Abby wanted to criticize Marty’s behavior, but this wasn’t the moment for that; and Warren, who urged Valerie back to talking about how she felt, rather than about what Marty had done, seemed to confirm her instinct. As Valerie glanced around at the others, as if seeing them as individuals for the first time, she gave a tentative smile.
“Thank you all for being so nice,” she said, huskily. “I just didn’t know what to do, or who to call. Abby may have told you guys that we met on the plane, and then we talked on the phone the other day…. Anyway, Marty has this newfangled caller ID, and the name ‘Thomas J. Sadler’ had appeared on the screen, and that had stuck in my head so I looked up the address in the phone book. I should have called first, I know, but—but I guess I thought if I showed up in person, it would be harder to turn me away!”
She gave a feeble laugh, and Abby smiled back at her. “We don’t mind. Really.”
“When I got here and saw it was a complex, my heart sank,” Valerie said. “Then I looked on the mailboxes, and sure enough, there was your brother’s name and the unit number. So here I am!”
Connie said, brightly, “And we’re glad you are! We really are!”
He was drinking champagne, too, and sat with a paper plate perched on his knees, munching on cheese and blackened chicken while Valerie talked. Mitzi and Chloe were having a field day, making the rounds and begging piteously for bits of food that Connie and the others, absorbed in Valerie’s story, absently handed them.
When Valerie stopped talking, it was Warren again who took the lead, telling her they’d just been having an informal get-together and repeating that she was perfectly welcome.
Then another idea seemed to dawn on Thom; he looked at Abby, then back at Valerie.
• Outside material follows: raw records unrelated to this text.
-- ===== src/System/Steps.antt =====
-- The calls that write the tables of orders and stock, each as one step, and what holds after any
-- sequence of them. A step runs whole: no other call comes between its statements. The state of
-- Redis, the clock and the failures of a step are arbitrary.
use flux_kart.Prelude.{ℕ, ◌≡◌, refl, sym, Bool, Option, some, List, count_where}
use mathlib.Core.Path.{subst}
use flux_kart.Redis.{ExpiringStore}
use flux_kart.Inventory.{Stock}
use flux_kart.Db.{SaleStatus, Payload, Database, done}
use flux_kart.Db.Orders.{has_id}
use flux_kart.Db.Sales.{SaleData}
use flux_kart.ReservationService.{Services, World, Request, Run}
use flux_kart.ReservationService.Create.{create_reservation}
use flux_kart.ReservationService.Create.Outbox.{create_reservation-IsUnique}
use flux_kart.ReservationService.Create.Stocked.{create_reservation-StockOnly}
use flux_kart.ReservationRouter.{rewrite_row}
use flux_kart.ReservationRouter.Kept.{rewrite_row-IsSound}
use flux_kart.OrderConsumer.{Fault, process_order_message}
use flux_kart.OrderConsumer.Kept.{process_order_message-IsSound}
use flux_kart.Payments.{Receipt, pay_order, cancel_order}
use flux_kart.Payments.Card.{Python, PaymentRequest}
use flux_kart.Payments.Kept.{pay_order-IsSound, cancel_order-IsSound}
use flux_kart.ExpiryWorker.{expire_batch, expire_sales}
use flux_kart.ExpiryWorker.Activation.{activate_scheduled_sales}
use flux_kart.ExpiryWorker.Kept.{
  expire_batch-IsSound, expire_sales-IsSound, activate_scheduled_sales-IsSound,
}
use flux_kart.OutboxWorker.{Fate, process_outbox_batch}
use flux_kart.SaleAdmin.{Shop}
use flux_kart.SaleAdmin.Lifecycle.Calls.{AdminCall, handle}
use flux_kart.SaleAdmin.Kept.Calls.{IsFresh, handle-IsSound}
use flux_kart.SalesRouter.{post_sale, patch_sale_status}
use flux_kart.SalesRouter.Kept.{post_sale-IsSound, patch_sale_status-IsSound}
use flux_kart.System.{IsSound, Settled}
use flux_kart.System.Tables.{SameTables-IsSound, of_sale}

module _ (S : Services) (py : Python) (I : ExpiringStore ℕ Receipt) (key : ℕ → ℕ → List ℕ → ℕ)
    (price : ℕ → ℕ → ℕ) where
  abbrev pub Selling : Type 0
  Selling = Shop S.counters S.holds S.waiting

  -- The ids that PostgreSQL draws for an order and for a sale are new to the orders.
  pub data Step : Database → Database → Type 0 where
    reserve :
        (run : Run) (q : Request) (w : World S) → Step w.db (create_reservation S run q w).1.db
    resize :
        (now user_id id quantity : ℕ) (db : Database)
        → Step db (rewrite_row S now user_id id quantity db).1
    deliver :
        (fault : Fault) (order_id : ℕ) (body : Option Payload) (db : Database)
        → count_where (has_id order_id) db.orders ≡ 0
        → Step db (process_order_message price fault order_id body db).1
    pay :
        (redis_up : Bool) (now user_id order_id : ℕ) (payload : PaymentRequest) (db : Database)
        (cache : I.Db)
        → Step db (pay_order py I key redis_up now user_id order_id payload db cache).1
    cancel : (user_id order_id : ℕ) (db : Database) → Step db (cancel_order user_id order_id db).1
    expire :
        (now : ℕ) (locked reachable : ℕ → Bool) (st st' : Stock S.counters S.holds) (n : ℕ)
        (db db' : Database)
        → expire_batch S.counters S.holds now locked reachable db st ≡ done (n, db', st')
        → Step db db'
    end_sales : (now : ℕ) (db : Database) → Step db (expire_sales now db).1
    start_sales :
        (now : ℕ) (reachable : ℕ → Bool) (db : Database) (c : S.counters.Db)
        → Step db (activate_scheduled_sales S.counters now reachable db c).1
    poll :
        (fates : ℕ → Fate) (sent : List Payload) (db : Database)
        → Step db (record db {
          outbox_events = (process_outbox_batch fates db.outbox_events sent).events;
        })
    administer :
        (redis_up : Bool) (call : AdminCall) (w : Selling)
        → IsFresh S.counters S.holds S.waiting call w.db
        → Step w.db (handle S.counters S.holds S.waiting redis_up call w).1.db
    post :
        (redis_up : Bool) (id : ℕ) (d : SaleData) (w : Selling)
        → count_where (of_sale id) w.db.orders ≡ 0
        → Step w.db (post_sale S.counters S.holds S.waiting redis_up id d w).1.db
    patch :
        (redis_up : Bool) (id : ℕ) (status : SaleStatus) (w : Selling)
        → Step w.db
            (patch_sale_status S.counters S.holds S.waiting redis_up id (some status) w).1.db

  -- Any sequence of steps.
  pub data Reach (start : Database) : Database → Type 0 where
    here : Reach start start
    next : {db db' : Database} → Reach start db → Step db db' → Reach start db'

  reserve-IsSound :
      (run : Run) (q : Request) (w : World S)
      → IsSound w.db
      → IsSound (create_reservation S run q w).1.db
  reserve-IsSound run q w h =
      let db' = (create_reservation S run q w).1.db in
      let kept = create_reservation-StockOnly S run q w in
      record {
        valid = record {
          stocked = kept.stocked h.valid.stocked;
          unique = create_reservation-IsUnique S run q w h.valid.unique;
          one_order = λ k. rw kept.orders (h.valid.one_order k);
          one_id = λ k. rw kept.orders (h.valid.one_id k);
        };
        settled =
            subst (λ orders. Settled orders db'.inventory) (sym kept.orders) (kept.sold h.settled);
      }

  Step-IsSound : {db db' : Database} → Step db db' → IsSound db → IsSound db'
  Step-IsSound (reserve run q w) h = reserve-IsSound run q w h
  Step-IsSound (resize now u k n db) h = rewrite_row-IsSound S now u k n db h
  Step-IsSound (deliver f id body db fresh) h =
      process_order_message-IsSound price f id body db fresh h
  Step-IsSound (pay up now u k p db cache) h = pay_order-IsSound py I key up now u k p db cache h
  Step-IsSound (cancel u k db) h = cancel_order-IsSound u k db h
  Step-IsSound (expire now locked reachable st st' n db db' e) h =
      expire_batch-IsSound S.counters S.holds now locked reachable db st n db' st' e h
  Step-IsSound (end_sales now db) h = expire_sales-IsSound now db h
  Step-IsSound (start_sales now reachable db c) h =
      activate_scheduled_sales-IsSound S.counters now reachable db c h
  Step-IsSound (poll fates sent db) h =
      SameTables-IsSound db
        (record db { outbox_events = (process_outbox_batch fates db.outbox_events sent).events })
        (record { inventory = refl; reservations = refl; orders = refl }) h
  Step-IsSound (administer up call w fresh) h =
      handle-IsSound S.counters S.holds S.waiting up call w fresh h
  Step-IsSound (post up id d w fresh) h =
      post_sale-IsSound S.counters S.holds S.waiting up id d w fresh h
  Step-IsSound (patch up id t w) h =
      patch_sale_status-IsSound S.counters S.holds S.waiting up id t w h

  pub reachable-IsSound : {db db' : Database} → IsSound db → Reach db db' → IsSound db'
  reachable-IsSound h here = h
  reachable-IsSound h (next r s) = Step-IsSound s (reachable-IsSound h r)
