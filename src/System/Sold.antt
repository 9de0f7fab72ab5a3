-- ===== src/System/Sold.antt =====
-- The stock of a sale against its orders, over the life of the tables.
use flux_kart.Prelude.{
  ℕ, ◌+◌, ◌≤◌, ◌≡◌, sym, ap, ◌∙◌, some, List, [], ◌∷◌, arith, first, Bool-cases, inl, inr,
}
use flux_kart.Redis.{ExpiringStore}
use flux_kart.Db.{Order, InventoryRow, Database}
use flux_kart.Db.Inventory.{get_inventory, for_sale, first-IsStocked}
use flux_kart.ReservationService.{Services}
use flux_kart.Payments.{Receipt}
use flux_kart.Payments.Card.{Python}
use flux_kart.System.{IsValid, IsSound, Settled, units_paid}
use flux_kart.System.Steps.{Reach, reachable-IsSound}

-- The tables after the migrations.
abbrev pub empty : Database
empty = record { sales = []; inventory = []; reservations = []; orders = []; outbox_events = [] }

pub empty-IsSound : IsSound empty
empty-IsSound = record {
  valid = record {
    stocked = tt;
    unique = record { one_active = λ u s. omega arith; one_key = λ k. omega arith };
    one_order = λ k. omega arith;
    one_id = λ k. omega arith;
  };
  settled = tt;
}

pub first-Settled :
    (s : ℕ) (i : InventoryRow) (orders : List Order) (rows : List InventoryRow)
    → Settled orders rows
    → first (for_sale s) rows ≡ some i
    → i.sold_quantity ≡ units_paid s orders
first-Settled s i orders [] h e = absurd (ground arith)
first-Settled s i orders (x ∷ rows) h e = elim (Bool-cases (for_sale s x)) [
  | inl hit ↦
      let same : x ≡ i = ground arith in
      let sale : x.sale_id ≡ s = ground arith in
      ap (λ (y : InventoryRow). y.sold_quantity) (sym same)
      ∙ h.0
      ∙ ap (λ k. units_paid k orders) sale
  | inr miss ↦ first-Settled s i orders rows h.1 (ground arith)
]

module _ (S : Services) (py : Python) (I : ExpiringStore ℕ Receipt) (key : ℕ → ℕ → List ℕ → ℕ)
    (price : ℕ → ℕ → ℕ) where
  -- From empty tables, whatever calls are made one after the other and whatever fails in them (all
  -- calls that write the tables but the deletion of a user, with new ids for orders and sales): the
  -- sold units of a sale's row are exactly the units of its paid orders, and with the reserved ones
  -- they are at most its total.
  pub sold_is_paid :
      (db : Database) (s : ℕ) (i : InventoryRow)
      → Reach S py I key price empty db
      → get_inventory s db ≡ some i
      → (i.sold_quantity ≡ units_paid s db.orders)
        × (units_paid s db.orders + i.reserved_quantity ≤ i.total_quantity)
  sold_is_paid db s i r row =
      let sound = reachable-IsSound S py I key price empty-IsSound r in
      let sold = first-Settled s i db.orders db.inventory sound.settled row in
      (sold, omega (arith, sold, first-IsStocked s i db.inventory sound.valid.stocked row))

  -- From empty tables, over the same calls: every row of the inventory passes its CHECK, no user has
  -- two active reservations for one sale, no idempotency key has two reservations, and no
  -- reservation and no id has two orders.
  pub reachable-IsValid : (db : Database) → Reach S py I key price empty db → IsValid db
  reachable-IsValid db r = (reachable-IsSound S py I key price empty-IsSound r).valid
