-- ===== src/System/Deletion.antt =====
-- The deletion of a user, `admin_delete_user` of backend/app/db/queries/users.py, on the tables of
-- orders and stock.
use flux_kart.Prelude.{
  ℕ, ◌+◌, ◌≡◌, refl, sym, ◌∙◌, Bool, true, some, List, [], ◌∷◌, arith, ◌==◌, ◌&&◌, not, first,
  select, count_where, count_where-select-le, sum_where, Bool-cases, inl, inr, Option-cases,
}
use mathlib.Core.Path.{subst}
use flux_kart.Db.{Order, Reservation, InventoryRow, Database}
use flux_kart.Db.Inventory.{get_inventory}
use flux_kart.Db.Orders.{has_id, of_reservation}
use flux_kart.Db.Reservations.{is_active_for, has_key}
use flux_kart.Db.Users.{User, has_user_id, admin_delete_user}
use flux_kart.Admission.{Preregistration}
use flux_kart.System.{IsValid, IsSound, units_paid, paid_for}
use flux_kart.System.Sold.{first-Settled}

abbrev bought_by : ℕ → Order → Bool
bought_by user_id o = o.user_id == user_id

abbrev pub made_by : ℕ → Reservation → Bool
made_by user_id r = r.user_id == user_id

-- The units of the paid orders of a user in a sale.
abbrev pub units_bought : ℕ → ℕ → List Order → ℕ
units_bought user_id sale_id orders =
    sum_where (λ o. bought_by user_id o && paid_for sale_id o) (λ o. o.quantity) orders

units_paid-split :
    (u s : ℕ) (orders : List Order)
    → units_paid s orders
      ≡ units_paid s (select (λ o. not (bought_by u o)) orders) + units_bought u s orders
units_paid-split u s [] = refl
units_paid-split u s (o ∷ orders) = ground (arith, units_paid-split u s orders)

none_made_by :
    (u : ℕ) (rows : List Reservation)
    → count_where (made_by u) (select (λ r. not (made_by u r)) rows) ≡ 0
none_made_by u [] = refl
none_made_by u (r ∷ rows) = ground (arith, none_made_by u rows)

abbrev after_deletion : ℕ → Database → Database
after_deletion u db = record db {
  orders = select (λ o. not (bought_by u o)) db.orders;
  reservations = select (λ r. not (made_by u r)) db.reservations;
}

after_deletion-IsValid : (u : ℕ) (db : Database) → IsValid db → IsValid (after_deletion u db)
after_deletion-IsValid u db h = record {
  stocked = h.stocked;
  unique = record {
    one_active = λ a s. omega (
      arith,
      count_where-select-le (is_active_for a s) (λ r. not (made_by u r)) db.reservations,
      h.unique.one_active a s,
    );
    one_key = λ k. omega (
      arith,
      count_where-select-le (has_key k) (λ r. not (made_by u r)) db.reservations,
      h.unique.one_key k,
    );
  };
  one_order = λ k. omega (
    arith,
    count_where-select-le (of_reservation k) (λ o. not (bought_by u o)) db.orders,
    h.one_order k,
  );
  one_id = λ k.
      omega
        (arith, count_where-select-le (has_id k) (λ o. not (bought_by u o)) db.orders, h.one_id k);
}

deleted_tables :
    (u : ℕ) (users : List User) (waiting : List Preregistration) (db : Database)
    → (admin_delete_user u users waiting db).0 ≡ true
    → (admin_delete_user u users waiting db).3 ≡ after_deletion u db
unfolding admin_delete_user
deleted_tables u users waiting db e = elim (Option-cases (first (has_user_id u) users)) [
  | inl missing ↦ absurd (ground arith)
  | inr (x, there) ↦ elim (Bool-cases x.is_admin) [
    | inl admin ↦ absurd (ground arith)
    | inr ordinary ↦ ground arith
  ]
]

-- The deletion of a user, where it answers that it deleted, keeps the tables valid and leaves no
-- reservation of the user. The stock stays as it was: a sale's row still counts the units of the
-- deleted paid orders as sold and still holds the reserved units of the deleted reservations.
pub deleted_units_stay :
    (u s : ℕ) (users : List User) (waiting : List Preregistration) (i : InventoryRow)
    (db : Database)
    → IsSound db
    → get_inventory s db ≡ some i
    → (admin_delete_user u users waiting db).0 ≡ true
    → let db' = (admin_delete_user u users waiting db).3 in
      IsValid db'
      × (count_where (made_by u) db'.reservations ≡ 0)
      × (get_inventory s db' ≡ some i)
      × (i.sold_quantity ≡ units_paid s db'.orders + units_bought u s db.orders)
deleted_units_stay u s users waiting i db sound row deleted =
    let tables = deleted_tables u users waiting db deleted in
    subst
      (λ (db' : Database).
        IsValid db'
        × (count_where (made_by u) db'.reservations ≡ 0)
        × (get_inventory s db' ≡ some i)
        × (i.sold_quantity ≡ units_paid s db'.orders + units_bought u s db.orders))
      (sym tables)
      (
        after_deletion-IsValid u db sound.valid,
        none_made_by u db.reservations,
        row,
        first-Settled s i db.orders db.inventory sound.settled row ∙ units_paid-split u s db.orders,
      )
“There’s a place called Blake’s not far from here,” he said. “But it’s a gay bar. I mean, I wasn’t sure if you realized—”
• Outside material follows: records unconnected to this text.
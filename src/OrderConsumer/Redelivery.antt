-- ===== src/OrderConsumer/Redelivery.antt =====
-- At-least-once delivery: what a repeated or an interrupted delivery does.
use flux_kart.Prelude.{
  ℕ, ◌<◌, ◌≡◌, refl, ap, ◌∙◌, true, none, some, List, [], ◌∷◌, ◌++◌, arith, first, update_where,
  first-update, count_where, count_where-append, Option-cases, inl, inr, ◌≢◌,
}
use flux_kart.Db.{ReservationStatus, Reservation, Order, Payload, Database, is_pending}
use flux_kart.Db.Reservations.{
  has_id, pending_with, confirm_row, get_reservation_by_id, confirm_reservation,
}
use flux_kart.Db.Orders.{of_reservation, new_order, create_order}
use flux_kart.Db.Inventory.{update_inventory}
use flux_kart.OrderConsumer.{
  Verdict, processed, already_confirmed, dead_lettered, Fault, healthy, at_fetch, at_order,
  at_confirm, at_inventory, process_order_message,
}

first_id :
    (id : ℕ) (r : Reservation) (rows : List Reservation)
    → first (has_id id) rows ≡ some r
    → r.id ≡ id
first_id id r [] e = absurd (ground arith)
first_id id r (x ∷ rows) e = ground (arith, first_id id r rows)

-- Confirming the row that is found leaves it found, and confirmed.
first-confirm :
    (id : ℕ) (r : Reservation) (rows : List Reservation)
    → first (has_id id) rows ≡ some r
    → is_pending r.status ≡ true
    → first (has_id id) (update_where (pending_with id) confirm_row rows) ≡ some (confirm_row r)
first-confirm id r rows e p = ground (
  arith,
  first_id id r rows e,
  first-update (has_id id) (pending_with id) confirm_row r rows (λ y. refl) e,
)

-- A message is refused if its reservation cannot be fetched, and acknowledged otherwise.
abbrev pub redelivered : Fault → Verdict
redelivered at_fetch = dead_lettered
redelivered _ = already_confirmed

module _ (price : ℕ → ℕ → ℕ) where
  processed_rows :
      (f : Fault) (o : ℕ) (body : Payload) (r : Reservation) (db : Database)
      → get_reservation_by_id body.reservation_id db ≡ some r
      → (process_order_message price f o (some body) db).0 ≡ processed
      → (is_pending r.status ≡ true)
        × ((process_order_message price f o (some body) db).1.reservations
            ≡ update_where (pending_with body.reservation_id) confirm_row db.reservations)
  unfolding process_order_message confirm_reservation create_order update_inventory
  processed_rows f o body r db e h = ground arith

  confirmed_skips :
      (f : Fault) (o : ℕ) (body : Payload) (r : Reservation) (db : Database)
      → get_reservation_by_id body.reservation_id db ≡ some r
      → r.status ≡ ReservationStatus.confirmed
      → process_order_message price f o (some body) db ≡ (redelivered f, db)
  unfolding process_order_message
  confirmed_skips healthy o body r db e h = ground arith
  confirmed_skips at_fetch o body r db e h = refl
  confirmed_skips at_order o body r db e h = ground arith
  confirmed_skips at_confirm o body r db e h = ground arith
  confirmed_skips at_inventory o body r db e h = ground arith

  unknown_not_processed :
      (f : Fault) (o : ℕ) (body : Payload) (db : Database)
      → get_reservation_by_id body.reservation_id db ≡ none
      → (process_order_message price f o (some body) db).0 ≢ processed
  unfolding process_order_message
  unknown_not_processed f o body db e = ground arith

  -- After a message was processed and while the row of its reservation stays as it left it, another
  -- delivery for the reservation, as the outbox worker and the direct publication both send one,
  -- changes nothing, whatever else is in the tables and wherever the connection fails; it is
  -- acknowledged, unless the reservation cannot be fetched.
  pub redelivery_skips :
      (f f' : Fault) (o o' : ℕ) (body body' : Payload) (db later : Database)
      → (process_order_message price f o (some body) db).0 ≡ processed
      → body'.reservation_id ≡ body.reservation_id
      → get_reservation_by_id body.reservation_id later
        ≡ get_reservation_by_id body.reservation_id
            (process_order_message price f o (some body) db).1
      → process_order_message price f' o' (some body') later ≡ (redelivered f', later)
  unfolding get_reservation_by_id
  redelivery_skips f f' o o' body body' db later h same kept =
      elim (Option-cases (first (has_id body.reservation_id) db.reservations)) [
        | inl missing ↦ absurd (unknown_not_processed f o body db missing h)
        | inr (r, e) ↦
            let (was_pending, rows) = processed_rows f o body r db e h in
            let found = first-confirm body.reservation_id r db.reservations e was_pending in
            confirmed_skips f' o' body' (confirm_row r) later (rw same (kept ∙ rw rows found)) refl
      ]

  abbrev pub order_of : ℕ → Payload → Reservation → Order
  order_of o body r =
      new_order o r.user_id r.sale_id body.reservation_id r.quantity body.unit_price
        (price body.unit_price r.quantity)

  abbrev pub ordered : ℕ → Payload → Reservation → Database → Database
  ordered o body r db = record db { orders = db.orders ++ order_of o body r ∷ [] }

  order_interrupted :
      (o : ℕ) (body : Payload) (r : Reservation) (db : Database)
      → get_reservation_by_id body.reservation_id db ≡ some r
      → r.status ≡ ReservationStatus.pending
      → count_where (of_reservation body.reservation_id) db.orders ≡ 0
      → process_order_message price at_confirm o (some body) db
        ≡ (dead_lettered, ordered o body r db)
  unfolding process_order_message create_order
  order_interrupted o body r db e p fresh = ground arith

  order_exists :
      (f : Fault) (o : ℕ) (body : Payload) (r : Reservation) (db : Database)
      → get_reservation_by_id body.reservation_id db ≡ some r
      → r.status ≡ ReservationStatus.pending
      → 0 < count_where (of_reservation body.reservation_id) db.orders
      → process_order_message price f o (some body) db ≡ (dead_lettered, db)
  unfolding process_order_message create_order
  order_exists healthy o body r db e p used = ground arith
  order_exists at_fetch o body r db e p used = refl
  order_exists at_order o body r db e p used = ground arith
  order_exists at_confirm o body r db e p used = ground arith
  order_exists at_inventory o body r db e p used = ground arith

  -- A failure between the order and its confirmation leaves the order there and the reservation
  -- pending. While that row and the number of its orders stay so, redeliveries do not repair it: each
  -- is dead-lettered and changes nothing, whatever else is in the tables and wherever the connection
  -- fails.
  pub interrupted_order_sticks :
      (f : Fault) (o o' : ℕ) (body : Payload) (r : Reservation) (db later : Database)
      → get_reservation_by_id body.reservation_id db ≡ some r
      → r.status ≡ ReservationStatus.pending
      → count_where (of_reservation body.reservation_id) db.orders ≡ 0
      → get_reservation_by_id body.reservation_id later
        ≡ get_reservation_by_id body.reservation_id
            (process_order_message price at_confirm o (some body) db).1
      → count_where (of_reservation body.reservation_id) later.orders
        ≡ count_where
            (of_reservation body.reservation_id)
            (process_order_message price at_confirm o (some body) db).1.orders
      → let db' = (process_order_message price at_confirm o (some body) db).1 in
        (count_where (of_reservation body.reservation_id) db'.orders ≡ 1)
        × (get_reservation_by_id body.reservation_id db' ≡ some r)
        × (process_order_message price f o' (some body) later ≡ (dead_lettered, later))
  interrupted_order_sticks f o o' body r db later e p fresh kept used =
      let one : count_where (of_reservation body.reservation_id) (ordered o body r db).orders ≡ 1 =
        ground (
          arith,
          count_where-append (of_reservation body.reservation_id) db.orders
              (order_of o body r ∷ []),
        ) in
      let run = order_interrupted o body r db e p fresh in
      let ran = ap (λ (out : Verdict × Database). out.1) run in
      let there : get_reservation_by_id body.reservation_id
            (process_order_message price at_confirm o (some body) db).1
          ≡ some r =
        ap (get_reservation_by_id body.reservation_id) ran ∙ unfold get_reservation_by_id in e in
      let counted : count_where (of_reservation body.reservation_id)
            (process_order_message price at_confirm o (some body) db).1.orders
          ≡ 1 =
        ap (λ (x : Database). count_where (of_reservation body.reservation_id) x.orders) ran
        ∙ one in
      (
        counted,
        there,
        order_exists f o' body r later (kept ∙ there) p (omega (arith, used, counted)),
      )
Connie laughed. “Valerie is upset, Thom honey, but she isn’t brain-dead.”
Yet Valerie, her smile faltering, did seem perplexed. She took another—and slower—look around the room. “I guess I didn’t… I mean, it doesn’t matter in the least to… The lovely man who does my hair, you know… What I mean is…”
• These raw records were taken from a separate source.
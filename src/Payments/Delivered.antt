-- ===== src/Payments/Delivered.antt =====
-- From the message of a reservation to the payment of its order.
use flux_kart.Prelude.{
  ℕ, Bool, ◌+◌, ◌≤◌, ◌≡◌, refl, ap, ◌∙◌, some, List, [], ◌∷◌, ◌++◌, arith, first, update_where,
  count_where,
}
use flux_kart.Redis.{ExpiringStore}
use flux_kart.Db.{ReservationStatus, InventoryRow, Reservation, Order, Payload, Database}
use flux_kart.Db.Reservations.{get_reservation_by_id, confirm_reservation}
use flux_kart.Db.Orders.{has_id, of_reservation, create_order}
use flux_kart.Db.Inventory.{
  for_sale, get_inventory, add_reserved, IsStocked, first-update_where, update_inventory_lem,
}
use flux_kart.OrderConsumer.{processed, healthy, process_order_message}
use flux_kart.OrderConsumer.Redelivery.{order_of, ordered}
use flux_kart.Payments.Card.{Python, PaymentRequest}
use flux_kart.Payments.{Receipt, reply, pay_uncached}
use flux_kart.Payments.Paid.{payment_moves_stock}
use flux_kart.Db.Orders.{owned}

first-new :
    (o : Order) (orders : List Order)
    → count_where (has_id o.id) orders ≡ 0
    → first (owned o.id o.user_id) (orders ++ o ∷ []) ≡ some o
first-new o [] h = ground arith
first-new o (x ∷ orders) h = ground (arith, first-new o orders)

module _ (price : ℕ → ℕ → ℕ) where
  -- The tables after a delivery that finds nothing in its way.
  abbrev pub delivered : ℕ → Payload → Reservation → Database → Database
  delivered o body r db =
      record (confirm_reservation body.reservation_id (ordered price o body r db)) {
        inventory = update_where (for_sale r.sale_id) (add_reserved r.quantity) db.inventory;
      }

  delivery :
      (o : ℕ) (body : Payload) (r : Reservation) (i : InventoryRow) (db : Database)
      → get_reservation_by_id body.reservation_id db ≡ some r
      → r.status ≡ ReservationStatus.pending
      → count_where (of_reservation body.reservation_id) db.orders ≡ 0
      → IsStocked db.inventory
      → count_where (for_sale r.sale_id) db.inventory ≤ 1
      → get_inventory r.sale_id db ≡ some i
      → i.reserved_quantity + r.quantity + i.sold_quantity ≤ i.total_quantity
      → process_order_message price healthy o (some body) db ≡ (processed, delivered o body r db)
  unfolding process_order_message create_order confirm_reservation
  delivery o body r i db e p fresh stocked one row room = ground (
    arith,
    e,
    update_inventory_lem r.sale_id (add_reserved r.quantity) i
        (confirm_reservation body.reservation_id (ordered price o body r db)) stocked one row
        (ground (arith, room)),
  )

module _ (price : ℕ → ℕ → ℕ) (py : Python) (I : ExpiringStore ℕ Receipt)
    (key : ℕ → ℕ → List ℕ → ℕ) where
  -- With valid rows of the inventory, one for the sale, and a new id for the order, a message for a
  -- pending reservation without an order is processed wherever the row of its sale has the units
  -- available, and they become reserved; once a payment of its order is answered
  -- with a receipt, they are sold, and as many are reserved as before the message.
  pub delivery_then_payment :
      (o : ℕ) (body : Payload) (r : Reservation) (i : InventoryRow) (db : Database) (up : Bool)
      (now : ℕ) (p : PaymentRequest) (x : Receipt) (cache : I.Db)
      → get_reservation_by_id body.reservation_id db ≡ some r
      → r.status ≡ ReservationStatus.pending
      → count_where (of_reservation body.reservation_id) db.orders ≡ 0
      → count_where (has_id o) db.orders ≡ 0
      → IsStocked db.inventory
      → count_where (for_sale r.sale_id) db.inventory ≤ 1
      → get_inventory r.sale_id db ≡ some i
      → i.reserved_quantity + r.quantity + i.sold_quantity ≤ i.total_quantity
      → (pay_uncached py I key up now r.user_id o p
          (process_order_message price healthy o (some body) db).1
          cache).0
        ≡ reply x
      → let (verdict, ordered_db) = process_order_message price healthy o (some body) db in
        let paid_db = (pay_uncached py I key up now r.user_id o p ordered_db cache).1 in
        (verdict ≡ processed)
        × (get_inventory r.sale_id ordered_db ≡ some (add_reserved r.quantity i))
        × (get_inventory r.sale_id paid_db
            ≡ some (record i { sold_quantity = i.sold_quantity + r.quantity }))
  delivery_then_payment o body r i db up now p x cache e pending fresh new stocked one row room
        paid =
      let d = delivery price o body r i db e pending fresh stocked one row room in
      let ordered_db = (process_order_message price healthy o (some body) db).1 in
      let tables : ordered_db ≡ delivered price o body r db = ap (λ v. v.1) d in
      let found : first (owned o r.user_id) ordered_db.orders ≡ some (order_of price o body r) =
        ap (λ t. first (owned o r.user_id) t.orders) tables
        ∙ unfold confirm_reservation in first-new (order_of price o body r) db.orders new in
      let reserved_row : get_inventory r.sale_id ordered_db ≡ some (add_reserved r.quantity i) =
        ap (get_inventory r.sale_id) tables
        ∙ first-update_where r.sale_id (add_reserved r.quantity) i db.inventory (λ j. refl) row in
      let (sold_row, _) =
        payment_moves_stock py I key up now r.user_id o p x (order_of price o body r)
          (add_reserved r.quantity i) ordered_db cache paid found reserved_row in
      (ap (λ v. v.0) d, reserved_row, sold_row ∙ ground arith)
Warren laughed gently, patting her hand. “We know what you mean.”
“You’ll get used to them,” Abby said. “They’re basically harmless.”
“But wait, I want to hear more about Valerie!” Connie said. Again his eyes had that glassy sheen. “How about one more glass of champagne before we leave? What do you all think? Valerie?”
There was a polite silence while the others gazed at their new guest.
Again Valerie smiled, more broadly this time, her hand fluttering to her throat as if she’d been paid an extravagant compliment.
“Why, thank you,” she said. “Another glass of champagne would be lovely.”